▸ HOW TO COMPLETE THIS TASK: Return each line of the entries that holds the string "some".

▸ Extracted records:
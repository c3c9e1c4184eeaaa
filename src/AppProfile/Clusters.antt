-- ===== src/AppProfile/Clusters.antt =====
-- The first loop: an ArgoCD cluster takes over the annotation of the karlon cluster of its name, and
-- each profile named by an annotation collects the cluster.
use karlon.Base.{◌==◌, ◌!=◌, String, Option, none, some, List, [], ◌∷◌, if◌then◌else◌}
use karlon.Base.Dict.{Dict, lookup, insert, erase, get, or_empty}
use karlon.Base.Sets.{add}
use karlon.Base.Text.{split}
use karlon.Base.Result.{Error}
use karlon.Objects.{Application, ArgoCluster}
use karlon.Services.{Api, argo_cluster_update}
use karlon.Services.Exec.{Exec, ◌>>=◌, ◌>>◌, pure, perform, must}

-- kkarlonapp.ProfilesAnnotationKey
abbrev pub profiles_key : String
profiles_key = "kkarlon.io/profiles"

-- a map of sets: a missing set reads as an empty one
abbrev pub SetMap : Type 0
SetMap = Dict (List String)

abbrev pub or_none : Option (List String) → List String
or_none none = []
or_none (some s) = s

unfoldable pub set_of : String → SetMap → List String
set_of key m = or_none (lookup key m)

unfoldable pub add_to_each : String → List String → SetMap → SetMap
unfolding set_of
add_to_each cluster [] m = m
add_to_each cluster (p ∷ ps) m = add_to_each cluster ps (insert p (add cluster (set_of p m)) m)

-- updateProfileToClustersMap
unfoldable pub update_profile_map : String → String → SetMap → SetMap
unfolding add_to_each
update_profile_map cluster names m =
    if names == "" then m else add_to_each cluster (split "," names) m

-- the two maps that the loop fills
pub record Maps : Type 0 where
  pub profile_to_clusters : SetMap
  pub name_to_server : Dict String

abbrev pub annotation_of : Option (Dict String) → String
annotation_of a = get profiles_key (or_empty a)

-- the annotation that counts for a cluster: that of the karlon cluster of its name, if there is one
unfoldable pub effective : Dict Application → ArgoCluster → String
effective kkarlon clust = elim (lookup clust.name kkarlon) [
  | none ↦ annotation_of clust.annotations
  | some app ↦ annotation_of app.meta.annotations
]

abbrev pub annotated : ArgoCluster → String → ArgoCluster
annotated clust wanted = record clust {
  annotations = some (insert profiles_key wanted (or_empty clust.annotations));
}

abbrev pub unannotated : ArgoCluster → ArgoCluster
unannotated clust = record clust {
  annotations = some (erase profiles_key (or_empty clust.annotations));
}

module _ {api : Api} where
  abbrev pub save_cluster : ArgoCluster → Exec api Error (Unit {0})
  save_cluster clust = do
    updated ← perform (argo_cluster_update clust)
    must "failed to update argo cluster" updated

  -- one round of the loop
  unfoldable pub reconcile_cluster : Dict Application → ArgoCluster → Maps → Exec api Error Maps
  reconcile_cluster kkarlon clust maps =
      let own = annotation_of clust.annotations in
      let servers = insert clust.name clust.server maps.name_to_server in
      elim (lookup clust.name kkarlon) [
        | none ↦ pure (record {
          profile_to_clusters = update_profile_map clust.name own maps.profile_to_clusters;
          name_to_server = servers;
        })
        | some app ↦
            let wanted = annotation_of app.meta.annotations in
            let noted : Maps = record {
              profile_to_clusters =
                  update_profile_map app.meta.name wanted maps.profile_to_clusters;
              name_to_server = servers;
            } in
            if wanted != ""
            then (if own != wanted
                then (do save_cluster (annotated clust wanted); pure noted)
                else pure noted)
            else if own != ""
            then (do save_cluster (unannotated clust); pure noted)
            else pure (record maps { name_to_server = servers })
      ]

  unfoldable pub reconcile_clusters :
      Dict Application → List ArgoCluster → Maps → Exec api Error Maps
  reconcile_clusters kkarlon [] maps = pure maps
  reconcile_clusters kkarlon (clust ∷ clusts) maps = do
    maps' ← reconcile_cluster kkarlon clust maps
    reconcile_clusters kkarlon clusts maps'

▸ REPLY TO THE TASK:
use karlon.Base.{◌==◌, ◌!=◌, String, Option, none, some, List, [], ◌∷◌, if◌then◌else◌}
or_none (some s) = s
  | some app ↦ annotation_of app.meta.annotations
  annotations = some (insert profiles_key wanted (or_empty clust.annotations));
  annotations = some (erase profiles_key (or_empty clust.annotations));
        | some app ↦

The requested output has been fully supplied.